Disable sliced VAE decoding. If enable_vae_slicing was previously enabled, this method will go back to computing decoding in one step.

Source code in mindone/diffusers/pipelines/flux/pipeline_flux_control_inpaint.py

def disable_vae_slicing(self):
    r"""
    Disable sliced VAE decoding. If `enable_vae_slicing` was previously enabled, this method will go back to
    computing decoding in one step.
    """
    self.vae.disable_slicing()

mindone.diffusers.FluxControlInpaintPipeline.disable_vae_tiling()

Disable tiled VAE decoding. If enable_vae_tiling was previously enabled, this method will go back to computing decoding in one step.

Source code in mindone/diffusers/pipelines/flux/pipeline_flux_control_inpaint.py

def disable_vae_tiling(self):
    r"""
    Disable tiled VAE decoding. If `enable_vae_tiling` was previously enabled, this method will go back to
    computing decoding in one step.
    """
    self.vae.disable_tiling()

mindone.diffusers.FluxControlInpaintPipeline.enable_vae_slicing()

Enable sliced VAE decoding.
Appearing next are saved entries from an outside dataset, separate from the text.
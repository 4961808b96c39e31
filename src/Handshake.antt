-- ===== src/Handshake.antt =====
-- How a session begins: the packets that the master of src/master.cpp and the slave of
-- src/slave.cpp exchange, over a link that brings each packet as a copy.
use libhdcp.Base.{◌≤◌, ◌≡◌, ap, ◌∙◌, append_assoc, [], ◌∷◌, ◌++◌, true, false, ok}
use libhdcp.Interfaces.{Thread, TimeoutQueue, EventMngr, Transport, Takes}
use libhdcp.Packet.Format.{hip, dip, ka, max_pl_size}
use libhdcp.Packet.Parse.{Packet, type}
use libhdcp.Packet.Make.{id_blocks}
use libhdcp.Packet.Blocks.{total_size}
use libhdcp.Packet.RoundTrip.{IsWhole}
use libhdcp.Tcp.Framing.{Same, Same-Carries}
use libhdcp.Master.Manager.{Timer}
use libhdcp.Master.Machine
use libhdcp.Master.Engine
use libhdcp.Master.Session.{begin_keepalive}
use libhdcp.Master.Joining.{attempt_sent, session_lem}
use libhdcp.Slave.Manager as SlaveManager
use libhdcp.Slave.Machine as SlaveMachine
use libhdcp.Slave.Engine as SlaveEngine
use libhdcp.Slave.Joining.{join_lem, ready_lem}

module _ (H : Thread) (Q : TimeoutQueue Timer) (V : EventMngr Machine.Event) (X : Transport)
    (R : Takes X) (H' : Thread) (Q' : TimeoutQueue SlaveManager.Timer)
    (V' : EventMngr SlaveMachine.Event) (X' : Transport) (R' : Takes X') (carry : Packet → Packet)
    (carried : (p : Packet) → IsWhole p → Same p (carry p)) where
  -- A master and a slave whose identifications fit a packet, over open links that take every
  -- packet and bring copies of whole packets. The master's attempt sends one packet `h`; the slave
  -- that reads it knows the master, is connecting after its check, and sends one packet `d`; the
  -- master that reads it knows the slave, is connected after its check, and sends one packet `k`;
  -- and the slave that reads it is connected after its check.
  pub handshake_lem :
      (s : Machine.Master H Q V X) (t : SlaveMachine.Slave H' Q' V' X')
      → total_size (id_blocks s.master_id) ≤ max_pl_size
      → total_size (id_blocks t.slave_id) ≤ max_pl_size
      → X.is_open s.manager.transport ≡ true
      → X'.is_open t.manager.transport ≡ true
      → let asked = Machine.attempt H Q V X s in
        (h d k : Packet) × (asked.0 ≡ ok tt)
        × (R.sent asked.1.manager.transport ≡ R.sent s.manager.transport ++ (h ∷ []))
        × (let met = SlaveMachine.receive_disconnected H' Q' V' X' (type (carry h)) (carry h) t in
            let invited =
              SlaveEngine.run_entry H' Q' V' X'
                (SlaveMachine.connecting, SlaveMachine.check_hip_received)
                false
                met.1 in
            let joined = SlaveMachine.enter_connecting H' Q' V' X' invited in
            let known = Machine.receive_connecting H Q V X (type (carry d)) (carry d) asked.1 in
            let on =
              Engine.run_entry H Q V X (Machine.connected, Machine.check_connected) false known.1 in
            let kept = begin_keepalive H Q V X on in
            let heard =
              SlaveMachine.receive_connecting H' Q' V' X' (type (carry k)) (carry k) joined.1 in
            let ready =
              SlaveEngine.run_entry H' Q' V' X'
                (SlaveMachine.connected, SlaveMachine.check_connected)
                false
                heard.1 in
            (met.1.master_id ≡ s.master_id)
            × (invited.state ≡ SlaveMachine.connecting)
            × (joined.0 ≡ ok tt)
            × (R'.sent joined.1.manager.transport ≡ R'.sent t.manager.transport ++ (d ∷ []))
            × (known.0 ≡ ok tt)
            × (known.1.slave_id ≡ t.slave_id)
            × (on.state ≡ Machine.connected)
            × (kept.0 ≡ ok tt)
            × (R.sent kept.1.manager.transport ≡ R.sent s.manager.transport ++ (h ∷ k ∷ []))
            × (heard.0 ≡ ok tt)
            × (ready.state ≡ SlaveMachine.connected))
  handshake_lem s t small small' opened opened' =
      let (h, n, says, asked_ok, asked_sent, asked_open) = attempt_sent H Q V X R s small opened in
      let asked = (Machine.attempt H Q V X s).1 in
      let brought_h =
        Same-Carries h (carry h) n hip (id_blocks s.master_id) (carried h says.is_whole) says in
      let (d, nd, answers, knows, invited, joined_ok, joined_sent, joined_open) =
        join_lem H' Q' V' X' R' (carry h) n s.master_id t brought_h small' opened' in
      let brought_d =
        Same-Carries d (carry d) nd dip (id_blocks t.slave_id) (carried d answers.is_whole)
          answers in
      let (k, nk, keeps, known_ok, known_id, on, kept_ok, kept_sent) =
        session_lem H Q V X R (carry d) nd t.slave_id asked brought_d asked_open in
      let brought_k = Same-Carries k (carry k) nk ka [] (carried k keeps.is_whole) keeps in
      let (heard_ok, ready) = ready_lem H' Q' V' X' R' (carry k) _ brought_k.has_type joined_open in
      let both =
        ap (λ q. q ++ (k ∷ [])) asked_sent
        ∙ append_assoc (R.sent s.manager.transport) (h ∷ []) (k ∷ []) in
      (
        h,
        d,
        k,
        asked_ok,
        asked_sent,
        (
          knows,
          invited,
          joined_ok,
          joined_sent,
          known_ok,
          known_id,
          on,
          kept_ok,
          kept_sent ∙ both,
          heard_ok,
          ready,
        ),
      )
When this option is enabled, the VAE will split the input tensor in slices to compute decoding in several steps. This is useful to save some memory and allow larger batch sizes.

Source code in mindone/diffusers/pipelines/flux/pipeline_flux_control_inpaint.py

def enable_vae_slicing(self):
    r"""
    Enable sliced VAE decoding. When this option is enabled, the VAE will split the input tensor in slices to
    compute decoding in several steps. This is useful to save some memory and allow larger batch sizes.
    """
    self.vae.enable_slicing()

mindone.diffusers.FluxControlInpaintPipeline.enable_vae_tiling()

Enable tiled VAE decoding. When this option is enabled, the VAE will split the input tensor into tiles to compute decoding and encoding in several steps. This is useful for saving a large amount of memory and to allow processing larger images.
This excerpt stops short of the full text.